--- WHAT THE TASK REQUIRES ---
Exactly reproduce the data from its first line through the line with "next_id = s.next_id + 1;", leaving out every line after it.

--- DATA ---

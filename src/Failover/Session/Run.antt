-- ===== src/Failover/Session/Run.antt =====
-- The event loop of a failover session (src/failover/session.rs, serve_failover).
use Prim.Native.String.{String}
use hypersync.Prelude.{
  ℕ, ◌+◌, ◌*◌, Bool, false, Option, none, some, List, [], ◌∷◌, ◌==◌, if◌then◌else◌,
}
use hypersync.Maps
use hypersync.Maps.{lookup}
use hypersync.Priority
use hypersync.Failover.Core.{add_standby, mark_preferred}
use hypersync.Failover.Session.{
  FailoverConfig, Outside, Event, frame, closed, connected, connect_failed, node_bytes, node_closed,
  writer_ended, tick, Session, Outcome, and_then, stay, leave, node_gone, node_writer_closed,
  drop_upstream, mark_dead, standby_retry,
}
use hypersync.Failover.Session.Blocks.{on_frame, on_prefetched}
use hypersync.Failover.Session.Tick.{on_tick}

unfoldable pub on_closed : ℕ → Outside → Session → Session
on_closed id env s =
    if id == s.core.active
    then mark_dead env.now s
    else drop_upstream id (env.now + standby_retry * 5) s

unfoldable pub on_connected : String → Bool → Outside → Session → Session
on_connected ip slot env s =
    let core' = add_standby s.next_id ip s.core in
    record s {
      connecting = false;
      next_id = s.next_id + 1;
      lives = Maps.put s.next_id slot s.lives;
      core = if Priority.contains ip env.tier then mark_preferred s.next_id core' else core';
    }

unfoldable pub on_connect_failed : Outside → Session → Session
on_connect_failed env s = record s { connecting = false; next_connect = env.now + standby_retry }

unfoldable pub on_node_bytes : Bool → Outside → Session → Session
on_node_bytes written env s = elim (lookup s.core.active s.lives) [
  | none ↦ s
  | some slot ↦ if written then s else mark_dead env.now s
]

module _ (classify : List ℕ → Option (ℕ × ℕ × ℕ)) (fo : FailoverConfig) where
  unfoldable pub step : Event → Outside → Session → Outcome
  unfolding on_closed on_connected on_connect_failed on_node_bytes
  step (frame id bytes at) env s = on_frame classify id bytes at env s
  step (closed id) env s = stay (on_closed id env s)
  step (connected ip slot) env s = stay (on_connected ip slot env s)
  step connect_failed env s = stay (on_connect_failed env s)
  step (node_bytes written) env s = stay (on_node_bytes written env s)
  step node_closed env s = leave node_gone s
  step writer_ended env s = leave node_writer_closed s
  step tick env s = on_tick fo env s

  -- The events, oldest first, until the session ends.
  unfoldable pub run : List (Event × Outside) → Session → Outcome
  unfolding step
  run [] s = stay s
  run ((e, env) ∷ events) s = and_then (step e env s) (λ t. run events t)

  unfoldable pub run_prefetched : List (List ℕ × Outside) → Session → Outcome
  run_prefetched [] s = stay s
  run_prefetched ((bytes, env) ∷ frames) s =
      and_then (on_prefetched classify bytes env s) (λ t. run_prefetched frames t)

  -- A whole session: the prefetched frames, then the events.
  unfoldable pub serve : List (List ℕ × Outside) → List (Event × Outside) → Session → Outcome
  unfolding run run_prefetched
  serve frames events s = and_then (run_prefetched frames s) (λ t. run events t)
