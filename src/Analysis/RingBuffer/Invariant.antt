-- ===== src/Analysis/RingBuffer/Invariant.antt =====
-- The invariant of a ring buffer: every index is inside the backing array.
use capacity_planning_operat.Prelude.{
  ℕ, zero, suc, ◌+◌, ◌-◌, ◌%◌, ◌≤◌, ◌<◌, ◌≡◌, arith, length, length-set, length-replicate,
  if◌then◌else◌,
}
use capacity_planning_operat.Prelude.Int.{ℤ, pos, ltb_ℤ, pos_part}
use capacity_planning_operat.Analysis.RingBuffer.{
  Sample, RingBuffer, zero_sample, new_ring_buffer, push, snapshot, read_from, len, reset,
}

pub record IsValid (r : RingBuffer) : Type 0 where
  pub backing : length r.buf ≡ r.capacity
  pub head_in : r.head < r.capacity
  pub count_in : r.count ≤ r.capacity

pub new_ring_buffer-IsValid : (n : ℤ) → IsValid (new_ring_buffer n) × (len (new_ring_buffer n) ≡ 0)
unfolding new_ring_buffer len
new_ring_buffer-IsValid n =
    let cap = if ltb_ℤ n (pos 1) then 1 else pos_part n in
    (ground (arith, length-replicate cap zero_sample), ground arith)

pub push-IsValid : (r : RingBuffer) (s : Sample) → IsValid r → IsValid (push r s)
unfolding push
push-IsValid r s v = grind (arith, length-set r.buf r.head s)

pub reset-IsValid : (r : RingBuffer) → IsValid r → IsValid (reset r)
unfolding reset
reset-IsValid r v = ground arith

pub capacity-push : (r : RingBuffer) (s : Sample) → (push r s).capacity ≡ r.capacity
unfolding push
capacity-push r s = ground arith

length-read_from : (r : RingBuffer) (start i n : ℕ) → length (read_from r start i n) ≡ n
unfolding read_from
length-read_from r start i zero = omega arith
length-read_from r start i (suc n) = omega (arith, length-read_from r start (i + 1) n)

pub length-snapshot : (r : RingBuffer) → length (snapshot r) ≡ len r
unfolding snapshot len
length-snapshot r =
    ground (arith, length-read_from r ((r.head + r.capacity - r.count) % r.capacity) 0 r.count)
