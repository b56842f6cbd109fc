-- ===== src/Analysis/RingBuffer/History.antt =====
-- A ring buffer as the history that it keeps: the newest samples, oldest first.
use native.Mathlib.Nat.{add-zero, mod-add-mod, mod-eq_of_lt, mod-eq-sub-mod, mod-lt}
use native.Mathlib.Decide.{dec_lt, ℕ_discrete}
use capacity_planning_operat.Prelude.{
  ℕ, zero, suc, ◌+◌, ◌-◌, ◌%◌, ◌<◌, ◌≡◌, ◌≢◌, refl, sym, ap, ap₂, ◌∙◌, List, [], ◌∷◌, ◌++◌, arith,
  length, get_or, set, drop, newest, newest_all, newest-append, drop-append, length-append,
  get_or-set_self, get_or-set_ne, append-nil, append_assoc,
}
use capacity_planning_operat.Analysis.RingBuffer.{
  Sample, RingBuffer, zero_sample, push, push_all, snapshot, read_from, len,
}
use capacity_planning_operat.Analysis.RingBuffer.Invariant.{
  IsValid, push-IsValid, capacity-push, length-snapshot,
}

-- The `n` samples from place `j` on, going round.
window : List Sample → ℕ → ℕ → ℕ → List Sample
window buf cap j zero = []
window buf cap j (suc n) = get_or buf (j % cap) zero_sample ∷ window buf cap (j + 1) n

-- Only the place round the buffer counts.
window_congr :
    (buf : List Sample) (cap a b n : ℕ)
    → a % cap ≡ b % cap
    → window buf cap a n ≡ window buf cap b n
unfolding window
window_congr buf cap a b zero e = refl
window_congr buf cap a b (suc n) e =
    ap₂ (λ k rest. get_or buf k zero_sample ∷ rest) e
      (window_congr buf cap (a + 1) (b + 1) n
        (sym (mod-add-mod a cap 1) ∙ ap (λ k. (k + 1) % cap) e ∙ mod-add-mod b cap 1))

read_from-window :
    (r : RingBuffer) (j i n : ℕ)
    → read_from r (j % r.capacity) i n ≡ window r.buf r.capacity (j + i) n
unfolding read_from window
read_from-window r j i zero = refl
read_from-window r j i (suc n) =
    ap₂ (λ k rest. get_or r.buf k zero_sample ∷ rest) (mod-add-mod j r.capacity i)
      (read_from-window r j (i + 1) n ∙ ap (λ k. window r.buf r.capacity k n) (omega arith))

snapshot-window :
    (r : RingBuffer) → snapshot r ≡ window r.buf r.capacity (r.head + r.capacity - r.count) r.count
unfolding snapshot window
snapshot-window r = elim (ℕ_discrete r.count 0) [
  | yes e ↦ rw e (ground arith)
  | no ne ↦ ground (
    arith,
    read_from-window r (r.head + r.capacity - r.count) 0 r.count,
    add-zero (r.head + r.capacity - r.count),
  )
]

-- Fewer than `cap` steps from a place do not come back to it.
mod-ne : (cap j k : ℕ) → 0 < k → k < cap → j % cap ≢ (j + k) % cap
mod-ne cap j k h hk e = elim (dec_lt (j % cap + k) cap) [
  | yes p ↦ omega (arith, mod-eq_of_lt p, mod-add-mod j cap k)
  | no p ↦ omega (
    arith,
    mod-add-mod j cap k,
    mod-eq-sub-mod {n = j % cap + k} {m = cap} (omega arith),
    mod-eq_of_lt {n = j % cap + k - cap} {m = cap} (omega arith),
  )
]

window-set :
    (buf : List Sample) (cap j n i : ℕ) (s : Sample)
    → length buf ≡ cap
    → n < cap
    → i ≡ (j + n) % cap
    → window (set buf i s) cap j (suc n) ≡ window buf cap j n ++ (s ∷ [])
unfolding window
window-set buf cap j zero i s hl hn e =
    ap (λ v. v ∷ []) (rw (e, add-zero) (get_or-set_self buf (j % cap) s zero_sample (omega arith)))
window-set buf cap j (suc n) i s hl hn e =
    ap₂ ◌∷◌
      (get_or-set_ne buf s zero_sample (λ q. mod-ne cap j (suc n) (omega arith) hn (sym q ∙ e)))
      (window-set buf cap (j + 1) n i s hl (omega arith) (e ∙ ap (λ k. k % cap) (omega arith)))

full_window :
    (q : RingBuffer) (n : ℕ)
    → q.count ≡ q.capacity
    → q.capacity ≡ suc n
    → snapshot q ≡ window q.buf q.capacity q.head (suc n)
full_window q n h e =
    snapshot-window q
    ∙ ap (λ k. window q.buf q.capacity (q.head + q.capacity - k) k) (h ∙ e)
    ∙ ap (λ k. window q.buf q.capacity k (suc n)) (omega arith)

module _ (r : RingBuffer) (s : Sample) (v : IsValid r) where
  open r use {buf, head, count, capacity}

  place :
      (j n : ℕ)
      → n < capacity
      → (j + n) % capacity ≡ head
      → window (set buf head s) capacity j (suc n) ≡ window buf capacity j n ++ (s ∷ [])
  place j n h e = window-set buf capacity j n head s v.backing h (sym e)

  round : (head + capacity) % capacity ≡ head
  round = grind (arith, v.head_in)

  room_start :
      count < capacity
      → ((head + 1) % capacity + capacity - (count + 1)) % capacity
        ≡ (head + capacity - count) % capacity
  room_start h =
      ap (λ k. k % capacity) (omega arith)
      ∙ mod-add-mod (head + 1) capacity (capacity - (count + 1))
      ∙ ap (λ k. k % capacity) (omega arith)

  push_room : count < capacity → snapshot (push r s) ≡ snapshot r ++ (s ∷ [])
  unfolding push
  push_room h =
      snapshot-window (push r s)
      ∙ ap (λ n. window (set buf head s) capacity ((head + 1) % capacity + capacity - n) n)
          (ground arith)
      ∙ window_congr (set buf head s) capacity _ _ (count + 1) (room_start h)
      ∙ ap (λ n. window (set buf head s) capacity (head + capacity - count) n) (omega arith)
      ∙ place (head + capacity - count) count h (ap (λ k. k % capacity) (omega arith) ∙ round)
      ∙ ap (λ xs. xs ++ (s ∷ [])) (sym (snapshot-window r))

  push_full :
      (n : ℕ)
      → count ≡ capacity
      → capacity ≡ suc n
      → snapshot (push r s) ≡ drop 1 (snapshot r) ++ (s ∷ [])
  unfolding push window
  push_full n h e =
      full_window (push r s) n (ground arith) e
      ∙ window_congr (set buf head s) capacity _ _ (suc n) (wrap_again (head + 1))
      ∙ place (head + 1) n (omega arith) (ap (λ k. k % capacity) (omega arith) ∙ round)
      ∙ ap (λ xs. drop 1 xs ++ (s ∷ [])) (sym (full_window r n h e))
    where
      wrap_again : (j : ℕ) → (j % capacity) % capacity ≡ j % capacity
      wrap_again j = mod-eq_of_lt (mod-lt j (omega arith))

-- `Push` to a valid buffer appends to the history and keeps of it the newest `capacity` samples.
pub push-newest :
    (r : RingBuffer) (s : Sample)
    → IsValid r
    → snapshot (push r s) ≡ newest r.capacity (snapshot r ++ (s ∷ []))
unfolding len
push-newest r s v = elim (dec_lt r.count r.capacity) [
  | yes h ↦
      push_room r s v h ∙ sym (newest_all r.capacity (snapshot r ++ (s ∷ [])) (omega (arith, size)))
  | no h ↦
      push_full r s v (r.capacity - 1) (omega arith) (omega arith)
      ∙ sym (drop-append 1 (snapshot r) (s ∷ []) (omega (arith, length-snapshot r)))
      ∙ ap (λ k. drop k (snapshot r ++ (s ∷ []))) {x = 1} (omega (arith, size))
]
  where
    size : length (snapshot r ++ (s ∷ [])) ≡ r.count + 1
    size = omega (arith, length-append (snapshot r) (s ∷ []), length-snapshot r)

pub push_all-IsValid :
    (r : RingBuffer) (ss : List Sample)
    → IsValid r
    → IsValid (push_all r ss) × ((push_all r ss).capacity ≡ r.capacity)
unfolding push_all
push_all-IsValid r [] v = (v, refl)
push_all-IsValid r (s ∷ ss) v =
    let (valid, same) = push_all-IsValid (push r s) ss (push-IsValid r s v) in
    (valid, same ∙ capacity-push r s)

-- After any number of pushes to a valid buffer, it holds the newest `capacity` samples of what it held
-- and what was pushed, the oldest first.
pub push_all-newest :
    (r : RingBuffer) (ss : List Sample)
    → IsValid r
    → snapshot (push_all r ss) ≡ newest r.capacity (snapshot r ++ ss)
unfolding push_all len
push_all-newest r [] v = sym (
    newest_all r.capacity (snapshot r ++ [])
      (omega (arith, length-append (snapshot r) [], length-snapshot r, v.count_in))
    ∙ append-nil (snapshot r))
push_all-newest r (s ∷ ss) v =
    push_all-newest (push r s) ss (push-IsValid r s v)
    ∙ ap (λ c. newest c (snapshot (push r s) ++ ss)) (capacity-push r s)
    ∙ ap (λ xs. newest r.capacity (xs ++ ss)) (push-newest r s v)
    ∙ newest-append r.capacity (snapshot r ++ (s ∷ [])) ss
    ∙ ap (newest r.capacity) (append_assoc (snapshot r) (s ∷ []) ss)
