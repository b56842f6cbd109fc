-- ===== src/Api.antt =====
-- api/v1/capacityplan_types.go: the objects that the planner reads and writes. A timestamp is a number
-- of nanoseconds and an optional one, like an optional number, an `Option`; float64 is a parameter.
use capacity_planning_operat.Prelude.{ℕ, Bool, List, Option}
use capacity_planning_operat.Prelude.Int.{ℤ}
use capacity_planning_operat.Prelude.Text.{Str}

pub record OpenAiProviderSpec : Type 0 where
  pub secret_ref_name : Str
  pub secret_key : Str
  pub base_url : Str

pub record AnthropicProviderSpec : Type 0 where
  pub secret_ref_name : Str
  pub secret_key : Str
  pub base_url : Str

pub record FastApiProviderSpec : Type 0 where
  pub url : Str
  pub auth_secret_ref_name : Str
  pub auth_secret_key : Str
  pub tls_skip_verify : Bool
  pub health_url : Str
  pub failure_threshold : ℤ
  pub cooldown : ℤ

pub record OllamaProviderSpec : Type 0 where
  pub url : Str

pub record LlmProviderSpec (F : Type 0) : Type 0 where
  pub provider : Str
  pub model : Str
  pub timeout : ℤ
  pub max_tokens : ℤ
  pub temperature : Option F
  pub only_alerting_pvcs : Bool
  pub open_ai : OpenAiProviderSpec
  pub anthropic : AnthropicProviderSpec
  pub fast_api : FastApiProviderSpec
  pub ollama : OllamaProviderSpec

pub record ThresholdSpec : Type 0 where
  pub usage_ratio : Str
  pub days_until_full : ℤ

pub record NamespaceBudgetSpec : Type 0 where
  pub namespace : Str
  pub budget : Str

pub record WorkloadBudgetSpec : Type 0 where
  pub namespace : Str
  pub kind : Str
  pub name : Str
  pub budget : Str

pub record BudgetSpec : Type 0 where
  pub namespace_budgets : List NamespaceBudgetSpec
  pub workload_budgets : List WorkloadBudgetSpec

pub record CapacityPlanSpec (F : Type 0) : Type 0 where
  pub namespaces : List Str
  pub sample_retention : ℤ
  pub reconcile_interval : ℤ
  pub sample_interval : ℤ
  pub prometheus_url : Str
  pub thresholds : ThresholdSpec
  pub budgets : BudgetSpec
  pub llm_insights_interval : ℤ
  pub llm : LlmProviderSpec F
  pub grafana_dashboard_namespace : Str

pub record PvcSummary (F : Type 0) : Type 0 where
  pub namespace : Str
  pub name : Str
  pub capacity_bytes : ℤ
  pub used_bytes : ℤ
  pub usage_ratio : F
  pub growth_bytes_per_day : F
  pub days_until_full : Option F
  pub confidence_r2 : F
  pub samples_count : ℕ
  pub last_sample_time : Option ℤ
  pub llm_insight : Str
  pub last_llm_time : Option ℤ
  pub alert_firing : Bool

pub record PvcSummaryBrief (F : Type 0) : Type 0 where
  pub namespace : Str
  pub name : Str
  pub usage_ratio : F
  pub growth_bytes_per_day : F
  pub days_until_full : Option F
  pub alert_firing : Bool

pub record CapacityPlanSummary (F : Type 0) : Type 0 where
  pub total_pvcs : ℕ
  pub alerting_pvcs : ℕ
  pub top_by_usage : List (PvcSummaryBrief F)
  pub top_by_soonest_to_full : List (PvcSummaryBrief F)
  pub top_by_growth : List (PvcSummaryBrief F)

pub record PvcRiskSummary (F : Type 0) : Type 0 where
  pub namespace : Str
  pub name : Str
  pub workload_kind : Str
  pub workload_name : Str
  pub workload_namespace : Str
  pub used_bytes : ℤ
  pub capacity_bytes : ℤ
  pub usage_ratio : F
  pub weekly_growth_bytes_per_day : F
  pub daily_growth_bytes_per_day : F
  pub growth_acceleration : F
  pub confidence_r2 : F
  pub days_until_full : Option F
  pub projected_full_at : Option ℤ
  pub llm_insight : Str
  pub alert_firing : Bool

pub record PvcRiskChange (F : Type 0) : Type 0 where
  pub change_type : Str
  pub namespace : Str
  pub name : Str
  pub previous_weekly_growth_bytes_per_day : F
  pub current_weekly_growth_bytes_per_day : F
  pub previous_projected_full_at : Option ℤ
  pub current_projected_full_at : Option ℤ
  pub message : Str
  pub time : ℤ

pub record StorageBudgetForecast (F : Type 0) : Type 0 where
  pub scope : Str
  pub namespace : Str
  pub kind : Str
  pub name : Str
  pub budget_bytes : ℤ
  pub used_bytes : ℤ
  pub usage_ratio : F
  pub growth_bytes_per_day : F
  pub days_until_breach : Option F
  pub projected_breach_at : Option ℤ

pub record PvcAnomaly (F : Type 0) : Type 0 where
  pub namespace : Str
  pub name : Str
  pub anomaly_type : Str
  pub severity : Str
  pub message : Str
  pub time : ℤ
  pub workload_kind : Str
  pub workload_name : Str
  pub weekly_growth_bytes_per_day : F
  pub daily_growth_bytes_per_day : F
  pub growth_acceleration : F
  pub confidence_r2 : F

-- A `metav1.Condition` as the planner sets it; the time of the last transition is the library's.
pub record Condition : Type 0 where
  pub condition_type : Str
  pub status : Str
  pub observed_generation : ℤ
  pub reason : Str
  pub message : Str

pub record CapacityPlanStatus (F : Type 0) : Type 0 where
  pub conditions : List Condition
  pub pvcs : List (PvcSummary F)
  pub summary : CapacityPlanSummary F
  pub top_risks : List (PvcRiskSummary F)
  pub risk_digest : Str
  pub risk_changes : List (PvcRiskChange F)
  pub risk_change_summary : Str
  pub llm_risk_change_summary : Str
  pub last_llm_risk_change_time : Option ℤ
  pub risk_snapshot_hash : Str
  pub namespace_forecasts : List (StorageBudgetForecast F)
  pub workload_forecasts : List (StorageBudgetForecast F)
  pub llm_budget_recommendations : Str
  pub last_llm_budget_recommendations_time : Option ℤ
  pub anomalies : List (PvcAnomaly F)
  pub anomaly_summary : Str
  pub last_reconcile_time : Option ℤ
  pub observed_generation : ℤ

-- Of the object's metadata, what the code reads.
pub record CapacityPlan (F : Type 0) : Type 0 where
  pub name : Str
  pub creation_timestamp : ℤ
  pub generation : ℤ
  pub spec : CapacityPlanSpec F
  pub status : CapacityPlanStatus F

--- COMPLETED TASK ---
filename src/Failover/Session/Run.antt
-- ===== src/Failover/Session/Run.antt =====
-- The event loop of a failover session (src/failover/session.rs, serve_failover).
use Prim.Native.String.{String}
use hypersync.Prelude.{
  ℕ, ◌+◌, ◌*◌, Bool, false, Option, none, some, List, [], ◌∷◌, ◌==◌, if◌then◌else◌,
}
use hypersync.Maps
use hypersync.Maps.{lookup}
use hypersync.Priority
use hypersync.Failover.Core.{add_standby, mark_preferred}
use hypersync.Failover.Session.{
  FailoverConfig, Outside, Event, frame, closed, connected, connect_failed, node_bytes, node_closed,
  writer_ended, tick, Session, Outcome, and_then, stay, leave, node_gone, node_writer_closed,
  drop_upstream, mark_dead, standby_retry,
}
use hypersync.Failover.Session.Blocks.{on_frame, on_prefetched}
use hypersync.Failover.Session.Tick.{on_tick}

unfoldable pub on_closed : ℕ → Outside → Session → Session
on_closed id env s =
    if id == s.core.active
    then mark_dead env.now s
    else drop_upstream id (env.now + standby_retry * 5) s

unfoldable pub on_connected : String → Bool → Outside → Session → Session
on_connected ip slot env s =
    let core' = add_standby s.next_id ip s.core in
    record s {
      connecting = false;
      next_id = s.next_id + 1;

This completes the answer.